-- ===== src/Exchange/Steps.antt =====
-- The venue of internal/exchange as a transition system over the abstract book: an order is accepted
-- or makes one move of its life, and its report leaves; or neither the book nor the outbox changes.
use fix_session_lab.Base.{
  ◌≡◌, refl, ◌∙◌, Bool, true, false, List, [], ◌∷◌, ◌++◌, none, some, arith, subst, if_pos, if_neg,
}
use mathlib.Core.Option.{some-injective}
use fix_session_lab.Base.Lists.{All, All-append}
use fix_session_lab.Base.Text.{Text, text_dec}
use fix_session_lab.Book.{Book}
use fix_session_lab.Book.Spec.{find_order, replace_order}
use fix_session_lab.Book.View.{IsWellFormed}
use fix_session_lab.Deps.{Deps}
use fix_session_lab.Exchange.{App}
use fix_session_lab.Exchange.Publish.{publish-cells, publish-IsWellFormed, publish-silenced}
use fix_session_lab.Exchange.Lifecycle.{Moves}
use fix_session_lab.Exchange.Reports.{Report, publish}
use fix_session_lab.Order.{OrderState, ExecType, Status}

module _ ⦃L : Deps⦄ where
  -- The book gained this order at its end.
  pub record Accepts (b : Book L.Decimal) (o : OrderState L.Decimal) (b' : Book L.Decimal)
      : Type 0 where
    pub well_formed : IsWellFormed b'
    pub unknown : find_order o.cl_ord_id b.cells ≡ none
    pub untraded : o.cum_qty ≡ L.zero_dec
    pub is_new : o.status ≡ Status.new
    pub extended : b'.cells ≡ b.cells ++ o ∷ []
    pub same_exec_seq : b'.exec_seq ≡ b.exec_seq

  -- One order of the book, `o`, made a move and is now `o'`.
  pub record Changes (b : Book L.Decimal) (o : OrderState L.Decimal) (x : ExecType)
      (o' : OrderState L.Decimal) (b' : Book L.Decimal) : Type 0 where
    pub well_formed : IsWellFormed b'
    pub known : find_order o.cl_ord_id b.cells ≡ some o
    pub moved : Moves o x o'
    pub replaced : b'.cells ≡ replace_order o.cl_ord_id o' b.cells
    pub same_exec_seq : b'.exec_seq ≡ b.exec_seq

  -- `h` says whether the operator may silence the venue, or end that.
  pub data Step (h : Bool) (a : App) : App → Type 0 where
    -- nothing that concerns orders or reports; the roles of the sessions stay
    quiet :
        (a' : App)
        → a'.book ≡ a.book
        → a'.outbox ≡ a.outbox
        → a'.kinds ≡ a.kinds
        → a'.silenced ≡ a.silenced
        → Step h a a'
    hushes : h ≡ true → (v : Bool) → Step h a (record a { silenced = v })
    accepts :
        (b : Book L.Decimal) (r : Report L.Decimal)
        → Accepts a.book r.order b
        → r.exec_type ≡ ExecType.new
        → Step h a (publish (record a { book = b }) r)
    changes :
        (b : Book L.Decimal) (r : Report L.Decimal) (o : OrderState L.Decimal)
        → Changes a.book o r.exec_type r.order b
        → Step h a (publish (record a { book = b }) r)

  pub data Steps (h : Bool) (a : App) : App → Type 0 where
    here : Steps h a a
    next : {b c : App} → Steps h a b → Step h b c → Steps h a c

  pub Steps-trans : {h : Bool} {a b c : App} → Steps h a b → Steps h b c → Steps h a c
  Steps-trans r here = r
  Steps-trans r (next s st) = next (Steps-trans r s) st

  pub one : {h : Bool} {a b : App} → Step h a b → Steps h a b
  one s = next here s

  All-replace {κ} :
      (P : OrderState L.Decimal → Type κ) (id : Text) (o' : OrderState L.Decimal)
      (os : List (OrderState L.Decimal))
      → All P os
      → P o'
      → All P (replace_order id o' os)
  unfolding replace_order
  All-replace P id o' [] h p = tt
  All-replace P id o' (x ∷ os) (hx, h) p = elim (text_dec x.cl_ord_id id) [
    | yes hit ↦ rw (if_pos _ hit) (p, h)
    | no miss ↦ rw (if_neg _ miss) (hx, All-replace P id o' os h p)
  ]

  pub All-find {κ} :
      (P : OrderState L.Decimal → Type κ) (id : Text) (os : List (OrderState L.Decimal))
      {o : OrderState L.Decimal}
      → All P os
      → find_order id os ≡ some o
      → P o
  unfolding find_order
  All-find P id [] h f = cc
  All-find P id (x ∷ os) (hx, h) f = elim (text_dec x.cl_ord_id id) [
    | yes hit ↦ subst P (some-injective _ _ (ground arith)) hx
    | no miss ↦ All-find P id os h (ground arith)
  ]

  -- An invariant of every order: it holds of accepted orders, and moves keep it.
  pub Step-cells {κ} :
      (P : OrderState L.Decimal → Type κ)
      → ((o : OrderState L.Decimal) → o.cum_qty ≡ L.zero_dec → o.status ≡ Status.new → P o)
      → ((o o' : OrderState L.Decimal) (x : ExecType) → Moves o x o' → P o → P o')
      → {h : Bool} {a a' : App} → Step h a a'
      → All P a.book.cells
      → All P a'.book.cells
  Step-cells P start move (quiet a' b o k v) h = rw b h
  Step-cells P start move (hushes e v) h = h
  Step-cells P start move {a = a} (accepts b r c x) h =
      rw (publish-cells (record a { book = b }) r, c.extended)
        (All-append P a.book.cells (r.order ∷ []) h (start r.order c.untraded c.is_new, tt))
  Step-cells P start move {a = a} (changes b r o c) h =
      rw (publish-cells (record a { book = b }) r, c.replaced)
        (All-replace P o.cl_ord_id r.order a.book.cells h
          (move o r.order r.exec_type c.moved (All-find P o.cl_ord_id a.book.cells h c.known)))

  pub Step-IsWellFormed :
      {h : Bool} {a a' : App} → Step h a a' → IsWellFormed a.book → IsWellFormed a'.book
  Step-IsWellFormed (quiet a' b o k v) w = rw b w
  Step-IsWellFormed (hushes e v) w = w
  Step-IsWellFormed {a = a} (accepts b r c x) w =
      publish-IsWellFormed (record a { book = b }) r c.well_formed
  Step-IsWellFormed {a = a} (changes b r o c) w =
      publish-IsWellFormed (record a { book = b }) r c.well_formed

  pub Steps-IsWellFormed :
      {h : Bool} {a a' : App} → Steps h a a' → IsWellFormed a.book → IsWellFormed a'.book
  Steps-IsWellFormed here w = w
  Steps-IsWellFormed (next s st) w = Step-IsWellFormed st (Steps-IsWellFormed s w)

  pub Steps-cells {κ} :
      (P : OrderState L.Decimal → Type κ)
      → ((o : OrderState L.Decimal) → o.cum_qty ≡ L.zero_dec → o.status ≡ Status.new → P o)
      → ((o o' : OrderState L.Decimal) (x : ExecType) → Moves o x o' → P o → P o')
      → {h : Bool} {a a' : App} → Steps h a a'
      → All P a.book.cells
      → All P a'.book.cells
  Steps-cells P start move here h = h
  Steps-cells P start move (next s st) h = Step-cells P start move st (Steps-cells P start move s h)

  -- More may happen where the operator may silence the venue.
  pub may_hush : {a a' : App} → Steps false a a' → Steps true a a'
  may_hush here = here
  may_hush (next s (quiet a' b o k v)) = next (may_hush s) (quiet a' b o k v)
  may_hush (next s (hushes e v)) = cc
  may_hush (next s (accepts b r c x)) = next (may_hush s) (accepts b r c x)
  may_hush (next s (changes b r o c)) = next (may_hush s) (changes b r o c)

  pub Step-silenced : {a a' : App} → Step false a a' → a'.silenced ≡ a.silenced
  Step-silenced (quiet a' b o k v) = v
  Step-silenced (hushes e v) = cc
  Step-silenced {a} (accepts b r c x) = publish-silenced (record a { book = b }) r
  Step-silenced {a} (changes b r o c) = publish-silenced (record a { book = b }) r

  pub Steps-silenced : {a a' : App} → Steps false a a' → a'.silenced ≡ a.silenced
  Steps-silenced here = refl
  Steps-silenced (next s st) = Step-silenced st ∙ Steps-silenced s
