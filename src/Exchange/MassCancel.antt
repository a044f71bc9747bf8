-- ===== src/Exchange/MassCancel.antt =====
-- CancelAllOpenDay of internal/exchange/reports.go, which looks each order up again by its ClOrdID.
use fix_session_lab.Base.{
  ℕ, ◌≡◌, ◌≢◌, refl, sym, ap, ◌∙◌, subst, inl, inr, true, false, List, [], ◌∷◌, ◌++◌, none, some,
  arith, map, append_assoc,
}
use mathlib.Core.Option.{some-injective}
use fix_session_lab.Base.Lists.{Bool-cases, if◌then◌else◌, length, keep}
use fix_session_lab.Base.Text.{Text, text_dec}
use fix_session_lab.Book.{Book, is_open_day, open_day_orders, all_orders}
use fix_session_lab.Book.Cases.{Updated, update_cases}
use fix_session_lab.Book.Spec.{find_order, replace_order, Distinct, KeepsId}
use fix_session_lab.Book.View.{IsWellFormed, all_orders-cells}
use fix_session_lab.Deps.{Deps}
use fix_session_lab.Exchange.{App}
use fix_session_lab.Exchange.Lifecycle.{cancels}
use fix_session_lab.Exchange.Publish.{publish-cells, publish-IsWellFormed}
use fix_session_lab.Exchange.Reports.{
  publish, simple_report, set_canceled, publish_cancel, cancel_one, cancel_each,
  cancel_all_open_day,
}
use fix_session_lab.Exchange.Steps.{changes, Steps, here, one, Steps-trans}
use fix_session_lab.Order.{OrderState, ExecType, Status, is_open, restatement_cancel_on_disconnect}

-- What a mass cancel makes of an order.
abbrev pub cancel_open_day : {D : Type 0} → OrderState D → OrderState D
cancel_open_day o = if is_open_day o then record o { status = Status.canceled } else o

module _ {D : Type 0} where
  find_order-present :
      (pre : List (OrderState D)) (o : OrderState D) (os : List (OrderState D))
      → find_order o.cl_ord_id (pre ++ o ∷ os) ≢ none
  unfolding find_order
  find_order-present [] o os = ground arith
  find_order-present (x ∷ pre) o os = ground (arith, find_order-present pre o os)

  find_order-before :
      (pre : List (OrderState D)) (o : OrderState D) (os : List (OrderState D))
      → Distinct (pre ++ o ∷ os)
      → find_order o.cl_ord_id pre ≡ none
  unfolding find_order
  find_order-before [] o os d = refl
  find_order-before (x ∷ pre) o os d = elim (text_dec x.cl_ord_id o.cl_ord_id) [
    | yes same ↦
        absurd
          (find_order-present pre o os (subst (λ k. find_order k (pre ++ o ∷ os) ≡ none) same d.0))
    | no ne ↦ ground (arith, find_order-before pre o os d.1)
  ]

  find_order-at :
      (pre : List (OrderState D)) (o : OrderState D) (os : List (OrderState D))
      → find_order o.cl_ord_id pre ≡ none
      → find_order o.cl_ord_id (pre ++ o ∷ os) ≡ some o
  unfolding find_order
  find_order-at [] o os h = ground arith
  find_order-at (x ∷ pre) o os h = ground (arith, find_order-at pre o os)

  replace_order-at :
      (pre : List (OrderState D)) (o o' : OrderState D) (os : List (OrderState D))
      → find_order o.cl_ord_id pre ≡ none
      → replace_order o.cl_ord_id o' (pre ++ o ∷ os) ≡ pre ++ o' ∷ os
  unfolding find_order replace_order
  replace_order-at [] o o' os h = ground arith
  replace_order-at (x ∷ pre) o o' os h = ground (arith, replace_order-at pre o o' os)

module _ ⦃L : Deps⦄ where
  pub set_canceled-KeepsId : KeepsId set_canceled
  unfolding set_canceled
  set_canceled-KeepsId o = refl

  -- One round of the loop, at an order that stands in the book and is open.
  record OneCanceled (a : App) (pre : List (OrderState L.Decimal)) (o : OrderState L.Decimal)
      (os : List (OrderState L.Decimal)) (a' : App) : Type 0 where
    well_formed : IsWellFormed a'.book
    cells : a'.book.cells ≡ pre ++ record o { status = Status.canceled } ∷ os
    steps : Steps false a a'

  cancel_one-OneCanceled :
      (a : App) (pre : List (OrderState L.Decimal)) (o : OrderState L.Decimal)
      (os : List (OrderState L.Decimal)) (reason : Text)
      → IsWellFormed a.book
      → a.book.cells ≡ pre ++ o ∷ os
      → is_open o ≡ true
      → OneCanceled a pre o os (cancel_one a o.cl_ord_id reason)
  unfolding cancel_one publish_cancel set_canceled simple_report
  cancel_one-OneCanceled a pre o os reason w e h =
      let before = find_order-before pre o os (subst Distinct e w.distinct) in
      let found : find_order o.cl_ord_id a.book.cells ≡ some o =
        rw e (find_order-at pre o os before) in
      elim (update_cases a.book o.cl_ord_id set_canceled w set_canceled-KeepsId) [
        | inl (missing, u) ↦ cc (missing, found)
        | inr (x, b, found', u) ↦
            let done =
              subst (λ y. Updated a.book o.cl_ord_id set_canceled y b)
                (some-injective _ _ (sym found' ∙ found)) u in
            let o' : OrderState L.Decimal = record o { status = Status.canceled } in
            let r = simple_report o' ExecType.canceled reason restatement_cancel_on_disconnect in
            let a₁ : App = record a { book = b } in
            let round : cancel_one a o.cl_ord_id reason ≡ publish a₁ r =
              ap (publish_cancel a reason) done.answered in
            subst (OneCanceled a pre o os) (sym round) (record {
              well_formed = publish-IsWellFormed a₁ r done.well_formed;
              cells =
                  publish-cells a₁ r ∙ done.replaced ∙ rw e (replace_order-at pre o o' os before);
              steps = one (
                  changes b r o (record {
                    well_formed = done.well_formed;
                    known = found;
                    moved = cancels h refl refl;
                    replaced = done.replaced;
                    same_exec_seq = done.same_exec_seq;
                  }));
            })
      ]

  -- The loop over the orders `xs` that stand in the book behind `pre`.
  record Canceled (a : App) (pre xs : List (OrderState L.Decimal)) (a' : App) : Type 0 where
    well_formed : IsWellFormed a'.book
    cells : a'.book.cells ≡ pre ++ map cancel_open_day xs
    steps : Steps false a a'

  open_of_open_day : (o : OrderState L.Decimal) → is_open_day o ≡ true → is_open o ≡ true
  unfolding is_open_day
  open_of_open_day o h = ground arith

  cancel_each-Canceled :
      (a : App) (pre xs : List (OrderState L.Decimal)) (reason : Text)
      → IsWellFormed a.book
      → a.book.cells ≡ pre ++ xs
      → Canceled a pre xs (cancel_each a (keep is_open_day xs) reason)
  unfolding cancel_each
  cancel_each-Canceled a pre [] reason w e = record { well_formed = w; cells = e; steps = here }
  cancel_each-Canceled a pre (o ∷ xs) reason w e = elim (Bool-cases (is_open_day o)) [
    | inl h ↦
        let first = cancel_one-OneCanceled a pre o xs reason w e (open_of_open_day o h) in
        let o' : OrderState L.Decimal = record o { status = Status.canceled } in
        let rest =
          cancel_each-Canceled (cancel_one a o.cl_ord_id reason) (pre ++ o' ∷ []) xs reason
            first.well_formed (first.cells ∙ sym (append_assoc pre (o' ∷ []) xs)) in
        rw (h, cancel_each)
          (record {
            well_formed = rest.well_formed;
            cells = rw h (rest.cells ∙ append_assoc pre (o' ∷ []) (map cancel_open_day xs));
            steps = Steps-trans first.steps rest.steps;
          })
    | inr h ↦
        let rest =
          cancel_each-Canceled a (pre ++ o ∷ []) xs reason w
            (e ∙ sym (append_assoc pre (o ∷ []) xs)) in
        rw h (record {
          well_formed = rest.well_formed;
          cells = rw h (rest.cells ∙ append_assoc pre (o ∷ []) (map cancel_open_day xs));
          steps = rest.steps;
        })
  ]

  -- A mass cancel cancels every open day order, leaves the others as they are and in their places,
  -- returns how many there were, and each cancel is a step of the venue with its report.
  pub record MassCanceled (a : App) (q : App × ℕ) : Type 0 where
    pub well_formed : IsWellFormed q.0.book
    pub orders : all_orders q.0.book ≡ map cancel_open_day (all_orders a.book)
    pub counted : q.1 ≡ length (keep is_open_day (all_orders a.book))
    pub steps : Steps false a q.0

  open_day_orders-keep :
      (b : Book L.Decimal) → IsWellFormed b → open_day_orders b ≡ keep is_open_day b.cells
  unfolding open_day_orders all_orders
  open_day_orders-keep b w = ap (keep is_open_day) (all_orders-cells b w)

  -- In a well-formed book, CancelAllOpenDay leaves a well-formed book in which each order that was
  -- open and a day order is canceled and every other order is as it was, returns the number of those
  -- orders, and does so by steps of the venue.
  pub cancel_all_open_day-MassCanceled :
      (a : App) (reason : Text)
      → IsWellFormed a.book
      → MassCanceled a (cancel_all_open_day a reason)
  unfolding cancel_all_open_day
  cancel_all_open_day-MassCanceled a reason w =
      let all = cancel_each-Canceled a [] a.book.cells reason w refl in
      subst (λ os. MassCanceled a (cancel_each a os reason, length os))
        (sym (open_day_orders-keep a.book w))
        (record {
          well_formed = all.well_formed;
          orders =
              all_orders-cells (cancel_each a (keep is_open_day a.book.cells) reason).book
                all.well_formed
              ∙ all.cells
              ∙ ap (map cancel_open_day) (sym (all_orders-cells a.book w));
          counted = ap (λ os. length (keep is_open_day os)) (sym (all_orders-cells a.book w));
          steps = all.steps;
        })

_WORK TO BE COMPLETED_
Find the word "Spec" in the entries above, then copy each line that holds it.

_RESULT FOR THIS TASK_
use fix_session_lab.Book.Spec.{find_order, replace_order}
use fix_session_lab.Book.Spec.{find_order, replace_order, Distinct, KeepsId}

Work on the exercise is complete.